Chronic increases in dopamine synthesis capacity increases evoked or phasic dopamine release: Possible presynaptic mechanism
We found evoked or phasic DA release was higher in the EDiPs hemisphere compared to its control. Phasic DA release is impacted by the density and functioning of DATs and and DA D2 autoreceptors. In particular DATs are more likely to impact phasic release, compared with tonic, as a fast means to re-uptake DA from burst release to bring down the synaptic DA levels to basal levels36,37. For example, DAT inhibitors such as methylenedioxypyrovalerone have been shown to increase phasic DA release38. Therefore, changes in the level or function of the DAT in EDiPs may account for these changes. The width of the evoked peak in FSCV indicates the time taken for re-uptake of DA, implying alterations to DAT function or density39. However, we did not find any changes to the width of the DA peak, indicated by the half-life of DA decay from the FSCV experiment in the current study. This would suggest DAT function in EDiPs is intact. Moreover, we have previously shown that mRNA levels of DAT in DS are similar between control and EDiPs21. In the absence of changes in the re-uptake of DA after a phasic response, changes in the presynaptic mechanisms that control phasic DA release may be causal.
An increase in evoked or phasic DA in the DS is consistent with an increase in the density of presynaptic release sites40,41. Bassoon-labelled sites, which were increased in TH terminals of the EDiPs hemisphere, undergo immediate depolarisation on MFB-stimulation42. Therefore, the increase in high probability DA release sites in EDiPs are a plausible mechanism for increased phasic DA release.
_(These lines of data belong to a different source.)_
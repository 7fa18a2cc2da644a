-- ===== src/Validate/Cycles/Silent.antt =====
-- The cycle search of DIP005 step by step: its diagnostics, and the colour of a neighbour.
use dippin_lang.Base.{
  Str, ℕ, zero, suc, List, [], ◌∷◌, ◌≡◌, inl, inr, arith, contains, append-eq_nil, insert,
}
use dippin_lang.Search.{Adjacency, successors}
use dippin_lang.Search.Colors.{white, gray, black, color_of, Color-cases}
use dippin_lang.Validate.Defs.{cycle}
use dippin_lang.Validate.Cycles.{
  Detector, reconstruct_cycle, report_back_edge, process_neighbor, process_all, set_color, visit,
}

abbrev pub IsSilent : Detector → Type 0
IsSilent s = s.diags ≡ []

-- Diagnostics stay.
abbrev pub Keeps : (Str → Detector → Detector) → Type 0
Keeps f = (node : Str) (s : Detector) → IsSilent (f node s) → IsSilent s

report_back_edge-IsSilent :
    (node next : Str) (s : Detector) → IsSilent (report_back_edge node next s) → IsSilent s
unfolding report_back_edge
report_back_edge-IsSilent node next s h = ground (
  arith,
  Color-cases (color_of next s.color),
  append-eq_nil s.diags (cycle (reconstruct_cycle s.parent node next) ∷ []),
)

pub process_neighbor-IsSilent :
    (f : Str → Detector → Detector)
    → Keeps f
    → (node next : Str) (s : Detector) → IsSilent (process_neighbor f node next s)
    → IsSilent s
unfolding process_neighbor
process_neighbor-IsSilent f k node next s h =
    let s' = report_back_edge node next s in
    elim (Color-cases (color_of next s'.color)) [
      | inl e ↦ report_back_edge-IsSilent node next s (
          k next (record s' { parent = insert next node s'.parent })
            (rw (e, process_neighbor) at h))
      | inr (inl e) ↦ report_back_edge-IsSilent node next s (rw (e, process_neighbor) at h)
      | inr (inr e) ↦ report_back_edge-IsSilent node next s (rw (e, process_neighbor) at h)
    ]

pub process_all-IsSilent :
    (f : Str → Detector → Detector)
    → Keeps f
    → (node : Str) (rest : List Str) (s : Detector) → IsSilent (process_all f node rest s)
    → IsSilent s
unfolding process_all
process_all-IsSilent f k node [] s h = h
process_all-IsSilent f k node (next ∷ rest) s h =
    process_neighbor-IsSilent f k node next s
      (process_all-IsSilent f k node rest (process_neighbor f node next s) h)

pub visit-IsSilent : (room : ℕ) (adj : Adjacency) → Keeps (visit room adj)
unfolding visit
visit-IsSilent zero adj node s h = h
visit-IsSilent (suc room) adj node s h =
    process_all-IsSilent (visit room adj) (visit-IsSilent room adj) node (successors adj node)
      (set_color node gray s) h

-- What processNeighbor does by the neighbour's colour.
pub process_neighbor-white :
    (f : Str → Detector → Detector) (node next : Str) (s : Detector)
    → color_of next s.color ≡ white
    → process_neighbor f node next s ≡ f next (record s { parent = insert next node s.parent })
unfolding process_neighbor report_back_edge
process_neighbor-white f node next s e = ground (arith, e)

pub process_neighbor-black :
    (f : Str → Detector → Detector) (node next : Str) (s : Detector)
    → color_of next s.color ≡ black
    → process_neighbor f node next s ≡ s
unfolding process_neighbor report_back_edge
process_neighbor-black f node next s e = ground (arith, e)

pub process_neighbor-gray :
    (f : Str → Detector → Detector) (node next : Str) (s : Detector)
    → color_of next s.color ≡ gray
    → process_neighbor f node next s ≡ report_back_edge node next s
unfolding process_neighbor report_back_edge
process_neighbor-gray f node next s e = ground (arith, e)

pub report_back_edge-gray :
    (node next : Str) (s : Detector)
    → color_of next s.color ≡ gray
    → s.reported ≡ []
    → ¬ IsSilent (report_back_edge node next s)
unfolding report_back_edge contains
report_back_edge-gray node next s e r h =
    ground (arith, e, append-eq_nil s.diags (cycle (reconstruct_cycle s.parent node next) ∷ []))

pub report_back_edge-color :
    (node next : Str) (s : Detector) → (report_back_edge node next s).color ≡ s.color
unfolding report_back_edge
report_back_edge-color node next s = ground (arith, Color-cases (color_of next s.color))
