-- ===== src/Validate/Cycles/Quiet.antt =====
-- The cycle search of DIP005 where no cycle can be reached: its gray nodes lead to the current one.
use dippin_lang.Base.{
  Str, ℕ, zero, suc, ◌+◌, List, [], ◌∷◌, ◌≡◌, ◌↔◌, ◌⊎◌, inl, inr, refl, sym, subst, arith, In,
  ==_iff, insert, lookup,
}
use dippin_lang.Ir.{Node}
use dippin_lang.Ir.Arc.{ids}
use dippin_lang.Search.{Adjacency, successors, size}
use dippin_lang.Search.Correct.{Walk, here, step}
use dippin_lang.Search.Colors.{white, gray, black, color_of, color_of-paint, Color-cases, IsOnCycle}
use dippin_lang.Validate.Cycles.{
  Detector, process_neighbor, process_all, set_color, visit, visit_nodes, new_detector,
}
use dippin_lang.Validate.Cycles.Silent.{
  IsSilent, process_neighbor-white, process_neighbor-black, process_neighbor-gray,
  report_back_edge-color,
}

abbrev pub IsGray : Detector → Str → Type 0
IsGray s x = color_of x s.color ≡ gray

-- The gray nodes are the same before and after.
abbrev SameGray : Detector → Detector → Type 0
SameGray s t = (x : Str) → IsGray t x ↔ IsGray s x

-- A visit of a white node ends with the gray nodes that it began with.
abbrev KeepsGray : (Str → Detector → Detector) → Type 0
KeepsGray f = (node : Str) (s : Detector) → color_of node s.color ≡ white → SameGray s (f node s)

process_neighbor-SameGray :
    (f : Str → Detector → Detector)
    → KeepsGray f
    → (node next : Str) (s : Detector) → SameGray s (process_neighbor f node next s)
process_neighbor-SameGray f k node next s x = elim (Color-cases (color_of next s.color)) [
  | inl e ↦
      rw (process_neighbor-white f node next s e)
        (k next (record s { parent = insert next node s.parent }) e x)
  | inr (inl e) ↦
      rw (process_neighbor-gray f node next s e)
        (rw (report_back_edge-color node next s) (λ h. h, λ h. h))
  | inr (inr e) ↦ rw (process_neighbor-black f node next s e) (λ h. h, λ h. h)
]

process_all-SameGray :
    (f : Str → Detector → Detector)
    → KeepsGray f
    → (node : Str) (rest : List Str) (s : Detector) → SameGray s (process_all f node rest s)
unfolding process_all
process_all-SameGray f k node [] s x = (λ h. h, λ h. h)
process_all-SameGray f k node (next ∷ rest) s x =
    let t = process_neighbor f node next s in
    let (to, of) = process_all-SameGray f k node rest t x in
    let (to', of') = process_neighbor-SameGray f k node next s x in
    (λ h. to' (to h), λ h. of (of' h))

visit-KeepsGray : (room : ℕ) (adj : Adjacency) → KeepsGray (visit room adj)
unfolding visit
visit-KeepsGray zero adj node s e x = (λ h. h, λ h. h)
visit-KeepsGray (suc room) adj node s e x =
    let t = process_all (visit room adj) node (successors adj node) (set_color node gray s) in
    let kept =
      process_all-SameGray (visit room adj) (visit-KeepsGray room adj) node (successors adj node)
        (set_color node gray s) x in
    ground (
      arith,
      kept,
      color_of-paint node x gray s.color,
      color_of-paint node x black t.color,
      ==_iff x node,
      e,
    )

module _ (adj : Adjacency) (Rooted : Str → Type 0)
    (spreads : (u v : Str) → Rooted u → In v (successors adj u) → Rooted v)
    (none_there : (v : Str) → Rooted v → ¬ IsOnCycle adj v) where
  -- Each gray node has a walk to the current one.
  abbrev Leads : Detector → Str → Type 0
  Leads s node = (x : Str) → IsGray s x → Walk adj x node

  abbrev KeepsSilent : (Str → Detector → Detector) → Type 0
  KeepsSilent f =
      (node : Str) (s : Detector)
      → Rooted node
      → color_of node s.color ≡ white
      → Leads s node
      → IsSilent s
      → IsSilent (f node s)

  process_neighbor_quiet :
      (f : Str → Detector → Detector)
      → KeepsSilent f
      → (node next : Str) (s : Detector) → Rooted node
      → In next (successors adj node)
      → Leads s node
      → IsSilent s
      → IsSilent (process_neighbor f node next s)
  process_neighbor_quiet f k node next s r i lead h = elim (Color-cases (color_of next s.color)) [
    | inl e ↦ rw (process_neighbor-white f node next s e) (
        k next (record s { parent = insert next node s.parent }) (spreads node next r i) e
          (λ x g. step (lead x g) i) h)
    | inr (inl e) ↦ absurd (none_there next (spreads node next r i) (node, lead next e, i))
    | inr (inr e) ↦ rw (process_neighbor-black f node next s e) h
  ]

  process_all_quiet :
      (f : Str → Detector → Detector)
      → KeepsSilent f
      → KeepsGray f
      → (node : Str) (rest : List Str) (s : Detector) → Rooted node
      → ((x : Str) → In x rest → In x (successors adj node))
      → Leads s node
      → IsSilent s
      → IsSilent (process_all f node rest s)
  unfolding process_all
  process_all_quiet f k keeps node [] s r sub lead h = h
  process_all_quiet f k keeps node (next ∷ rest) s r sub lead h =
      process_all_quiet f k keeps node rest (process_neighbor f node next s) r
        (λ x i. sub x (inr i))
        (λ x g. lead x ((process_neighbor-SameGray f keeps node next s x).0 g))
        (process_neighbor_quiet f k node next s r (sub next (inl refl)) lead h)

  visit_quiet : (room : ℕ) → KeepsSilent (visit room adj)
  unfolding visit
  visit_quiet zero node s r e lead h = h
  visit_quiet (suc room) node s r e lead h =
      process_all_quiet (visit room adj) (visit_quiet room) (visit-KeepsGray room adj) node
        (successors adj node) (set_color node gray s) r (λ x i. i) leads_now h
    where
      leads_now : (x : Str) → IsGray (set_color node gray s) x → Walk adj x node
      leads_now x g = elim (now x g) [
        | inl e' ↦ subst (λ y. Walk adj y node) (sym e') here
        | inr g' ↦ lead x g'
      ]
        where
          now : (x : Str) → IsGray (set_color node gray s) x → (x ≡ node) ⊎ IsGray s x
          now x g = ground (arith, color_of-paint node x gray s.color, ==_iff x node, g)

  pub visit_nodes_quiet :
      (ns : List Node) (s : Detector)
      → ((x : Str) → In x (ids ns) → Rooted x)
      → ((x : Str) → ¬ IsGray s x)
      → IsSilent s
      → IsSilent (visit_nodes adj ns s)
  unfolding visit_nodes
  visit_nodes_quiet [] s roots none_gray h = h
  visit_nodes_quiet (n ∷ ns) s roots none_gray h = elim (Color-cases (color_of n.id s.color)) [
    | inl e ↦
        rw (e, visit_nodes)
          (visit_nodes_quiet ns (visit (size adj + 1) adj n.id s) (λ x i. roots x (inr i))
            (λ x g. none_gray x ((visit-KeepsGray (size adj + 1) adj n.id s e x).0 g))
            (visit_quiet (size adj + 1) n.id s (roots n.id (inl refl)) e
              (λ x g. absurd (none_gray x g)) h))
    | inr (inl e) ↦ absurd (none_gray n.id e)
    | inr (inr e) ↦
        rw (e, visit_nodes) (visit_nodes_quiet ns s (λ x i. roots x (inr i)) none_gray h)
  ]

-- Nothing is gray at the start.
pub new-IsGray : (x : Str) → ¬ IsGray new_detector x
unfolding color_of lookup
new-IsGray x h = ground arith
Bassoon is one of multiple presynaptic scaffolding proteins that tether neurotransmitter laden vesicles with calcium channels indicating a high probability release site43,44,45. It has been estimated that 70% of DA release within the DS is non-synaptic14. This is referred to as volume transfer, where although the neurotransmitter released may still bind a postsynaptic DA receptor, this receptor is not in close apposition to the presynaptic site46,47,48. Thus, presynaptic release site number may provide a better picture of DA release capacity rather than DA synapse number.
Our findings are supported by studies in which selective DS knock-down of two other prominent presynaptic scaffolding proteins RIM and Munc-13 in DS DA neurons led to the opposite outcome, a reduction in DA release41. RIM expression is also highly correlated with Bassoon in TH positive striatal synaptosomes14. Excitatory postsynaptic currents have also been shown to be reduced in granule cell of cerebellar slices when Bassoon is reduced49.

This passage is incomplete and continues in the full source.